First, we obtain the estimated performance of the rule using split-regression with
```{r split_on_eval, warning=FALSE}
set.seed(123)
split.eval <- EvaluateRule(evaluation.data=evaluation.data,
                           BuildRule.object=rule.split,
                           study.design="observational",
                           name.outcome="no_relapse",
                           type.outcome="binary",
                           desirable.outcome=TRUE,
                           name.treatment="intervention",
                           names.influencing.treatment=c("prognosis", "clinic", "age"),
                           names.influencing.rule=c("age", paste0("gene_", 1:10)),
                           propensity.method="logistic.regression",
                           bootstrap.CI=FALSE)
split.eval$summaries
```

And last, the rule from OWL framework yields the following estimates
```{r OWL_on_eval, warning=FALSE}
set.seed(123)
OWL.eval <- EvaluateRule(evaluation.data=evaluation.data,
                              BuildRule.object=rule.OWL,
                              study.design="observational",
                              name.outcome="no_relapse",
                              type.outcome="binary",
                              desirable.outcome=TRUE,
                              name.treatment="intervention",
                              names.influencing.treatment=c("prognosis", "clinic", "age"),
                              names.influencing.rule=c("age", paste0("gene_", 1:10)),
                              propensity.method="logistic.regression",
                              bootstrap.CI=FALSE)
OWL.eval$summaries
```

And last, the rule from OWL framework yields the following estimates
```{r DI_on_eval, warning=FALSE}
set.seed(123)
DI.eval <- EvaluateRule(evaluation.data=evaluation.data,
                              BuildRule.object=rule.DI,
                              study.design="observational",
                              name.outcome="no_relapse",
                              type.outcome="binary",
                              desirable.outcome=TRUE,
                              name.treatment="intervention",
                              names.influencing.treatment=c("prognosis", "clinic", "age"),
                              names.influencing.rule=c("age", paste0("gene_", 1:10)),
                              propensity.method="logistic.regression",
                              bootstrap.CI=FALSE)
DI.eval$summaries
```
We could have also obtained bootstrap-based CIs for the ATE/ABR estimates (in both the validation and evaluation datasets) by specifying the following arguments to `BuildRulesOnValidation` and `EvaluateRule()`
```{r}
bootstrap.CI=TRUE
booststrap.CI.replications=1000 # or any other number of replications
```
but we chose not to compute CIs in this example to minimize run-time.

### References 
* Yingqi Zhao, Donglin Zeng, A. John Rush & Michael R. Kosorok (2012).
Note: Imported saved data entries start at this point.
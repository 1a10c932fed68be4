-- ===== src/Controller/Admin.antt =====
-- `admin.go`: the operations of the administrator. Copies of lists and maps are the value.
use ztgotroller.Base.{ℕ, Bool, not, ◌&&◌, ◌||◌, List, Bytes, Option, ◌==◌, ltb, ℤ}
use ztgotroller.Controller.{
  Service, Clock, validate_owned_network, member_has_specialist_role, bump_if, bool_eq,
  create_random_loop,
}
use ztgotroller.Controller.Actions.{
  Action, store_error, sequence_too_large, ◌>>=◌, ◌>>◌, fail_when, reading, writing, checked_value,
}
use ztgotroller.Domain.Ids.{NetworkId, NodeId, new_network_id}
use ztgotroller.Domain.Members.{Member, AgentMetadata, TagValue, validate_member}
use ztgotroller.Domain.Networks.{
  Network, new_network, AssignmentModes, Route, IpPool, DnsConfig, Rule, Capability, TagDefinition,
  validate_network,
}
use ztgotroller.Netip.{Addr, Time}
use ztgotroller.Store.{
  Context, conflict, create_network, get_network, save_network, delete_network, get_member,
  save_member, delete_member, get_agent_metadata,
}
use ztgotroller.Store.Listing.{list_networks, list_members}

pub record NetworkUpdate : Type 0 where
  pub name : Bytes
  pub private : Bool
  pub mtu : ℤ
  pub multicast_limit : ℤ
  pub enable_broadcast : Bool
  pub assignment : AssignmentModes
  pub routes : List Route
  pub ip_pools : List IpPool
  pub dns : Option DnsConfig
  pub rules : List Rule
  pub capabilities : List Capability
  pub tags : List TagDefinition
  pub auth_tokens : List (Bytes × ℕ)
  pub rules_source : Bytes
  pub remote_trace_target : Bytes
  pub remote_trace_level : ℕ
  pub sso_enabled : Bool

pub record MemberUpdate : Type 0 where
  pub name : Bytes
  pub active_bridge : Bool
  pub network_relay : Bool
  pub multicast_replicator : Bool
  pub no_auto_assign : Bool
  pub ip_assignments : List Addr
  pub capabilities : List ℕ
  pub tags : List TagValue
  pub authentication_expiry_time : ℕ
  pub authentication_url : Bytes
  pub remote_trace_target : Bytes
  pub remote_trace_level : ℕ
  pub sso_exempt : Bool

-- `GetNetwork`, `GetMember` and `GetAgentMetadata` of the service.
unfoldable pub get_owned_network : Service → Context → NetworkId → Action Network
get_owned_network service context id = do
  validate_owned_network service id
  reading (get_network context id)

unfoldable pub get_owned_member : Service → Context → NetworkId → NodeId → Action Member
get_owned_member service context id node_id = do
  validate_owned_network service id
  reading (get_member context id node_id)

unfoldable pub get_owned_metadata : Service → Context → NetworkId → NodeId → Action AgentMetadata
get_owned_metadata service context id node_id = do
  validate_owned_network service id
  reading (get_agent_metadata context id node_id)

-- `ListNetworks` and `ListMembers` of the service.
unfoldable pub list_controller_networks : Service → Context → Action (List Network)
list_controller_networks service context = reading (list_networks context)

unfoldable pub list_owned_members : Service → Context → NetworkId → Action (List Member)
list_owned_members service context id = do
  validate_owned_network service id
  _ ← reading (get_network context id)
  reading (list_members context id)

unfoldable pub apply_network_update : NetworkUpdate → Network → Network
apply_network_update update network = record network {
  name = update.name;
  private = update.private;
  mtu = update.mtu;
  multicast_limit = update.multicast_limit;
  enable_broadcast = update.enable_broadcast;
  assignment = update.assignment;
  routes = update.routes;
  ip_pools = update.ip_pools;
  dns = update.dns;
  rules = update.rules;
  capabilities = update.capabilities;
  tags = update.tags;
  auth_tokens = update.auth_tokens;
  rules_source = update.rules_source;
  remote_trace_target = update.remote_trace_target;
  remote_trace_level = update.remote_trace_level;
  sso_enabled = update.sso_enabled;
}

-- `CreateNetworkWithUpdate` and `CreateRandomNetworkWithUpdate` of service.go.
unfoldable pub create_network_with_update :
    Service → Context → ℕ → NetworkUpdate → Time → Action Network
create_network_with_update service context sequence update now = do
  fail_when (ltb 0x00ffffff sequence) sequence_too_large
  let id = new_network_id service.controller sequence
  let network = apply_network_update update (new_network id now)
  checked_value (validate_network network)
  writing (create_network context network)
  reading (get_network context id)

unfoldable pub create_random_network_with_update :
    Service → Context → NetworkUpdate → (ℕ → Option Bytes) → Clock → Action Network
create_random_network_with_update service context update random clock =
    create_random_loop random
      (λ number sequence. create_network_with_update service context sequence update (clock number))
      0 100000

unfoldable pub update_network :
    Service → Context → NetworkId → NetworkUpdate → ℕ → Time → Action Network
update_network service context id update revision now = do
  validate_owned_network service id
  network ← reading (get_network context id)
  fail_when (not (network.revision == revision)) (store_error conflict)
  let updated = record (apply_network_update update network) { updated_at = now }
  checked_value (validate_network updated)
  writing (save_network context updated)
  reading (get_network context id)

unfoldable pub delete_owned_network : Service → Context → NetworkId → Action (Unit {0})
delete_owned_network service context id = do
  validate_owned_network service id
  network ← reading (get_network context id)
  writing (delete_network context id network.revision)

unfoldable pub delete_owned_member :
    Service → Context → NetworkId → NodeId → Time → Action (Unit {0})
delete_owned_member service context id node_id now = do
  validate_owned_network service id
  member ← reading (get_member context id node_id)
  bump_if (member.authorized && member_has_specialist_role member) context id now
  writing (delete_member context id node_id member.revision)

unfoldable pub specialists_changed : MemberUpdate → Member → Bool
specialists_changed update member =
    member.authorized
    && (not (bool_eq member.active_bridge update.active_bridge)
        || not (bool_eq member.network_relay update.network_relay)
        || not (bool_eq member.multicast_replicator update.multicast_replicator))

unfoldable pub apply_member_update : MemberUpdate → Time → Member → Member
apply_member_update update now member = record member {
  active_bridge = update.active_bridge;
  network_relay = update.network_relay;
  multicast_replicator = update.multicast_replicator;
  name = update.name;
  no_auto_assign = update.no_auto_assign;
  ip_assignments = update.ip_assignments;
  capabilities = update.capabilities;
  tags = update.tags;
  authentication_expiry_time = update.authentication_expiry_time;
  authentication_url = update.authentication_url;
  remote_trace_target = update.remote_trace_target;
  remote_trace_level = update.remote_trace_level;
  sso_exempt = update.sso_exempt;
  updated_at = now;
}

-- The times are those of the member's update and of the network's.
unfoldable pub update_member :
    Service → Context → NetworkId → NodeId → MemberUpdate → ℕ → Clock → Action Member
update_member service context id node_id update revision clock = do
  validate_owned_network service id
  member ← reading (get_member context id node_id)
  fail_when (not (member.revision == revision)) (store_error conflict)
  let updated = apply_member_update update (clock 0) member
  checked_value (validate_member updated)
  writing (save_member context updated)
  bump_if (specialists_changed update member) context id (clock 1)
  reading (get_member context id node_id)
Estimating individualized treatment rules using outcome weighted learning. Journal of the American Statistical Association, 107:499 1106--1118.
* Lu Tian, Ash A. Alizadeh, Andrew J. Gentles, Robert Tibshirani (2014). A simple method for estimating interactions between a treatment and a large number of covariates. Journal of the American Statistical Association, 109:508: 1517--1532.
* Shuai Chen, Lu Tian, Tianxi Cai, Menggang Yu (2017). A general statistical framework for subgroup identification and comparative treatment scoring. Biometrics, 73:4: 1199--1209.
* Jeremy Roth and Noah Simon (2019). Using propensity scores to develop and evaluate treatment rules with observational data. (Manuscript in progress).
* Jeremy Roth and Noah Simon (2019). Elucidating outcome-weighted-learning and its comparison to split-regression: direct vs. indirect methods in practice. (Manuscript in progress).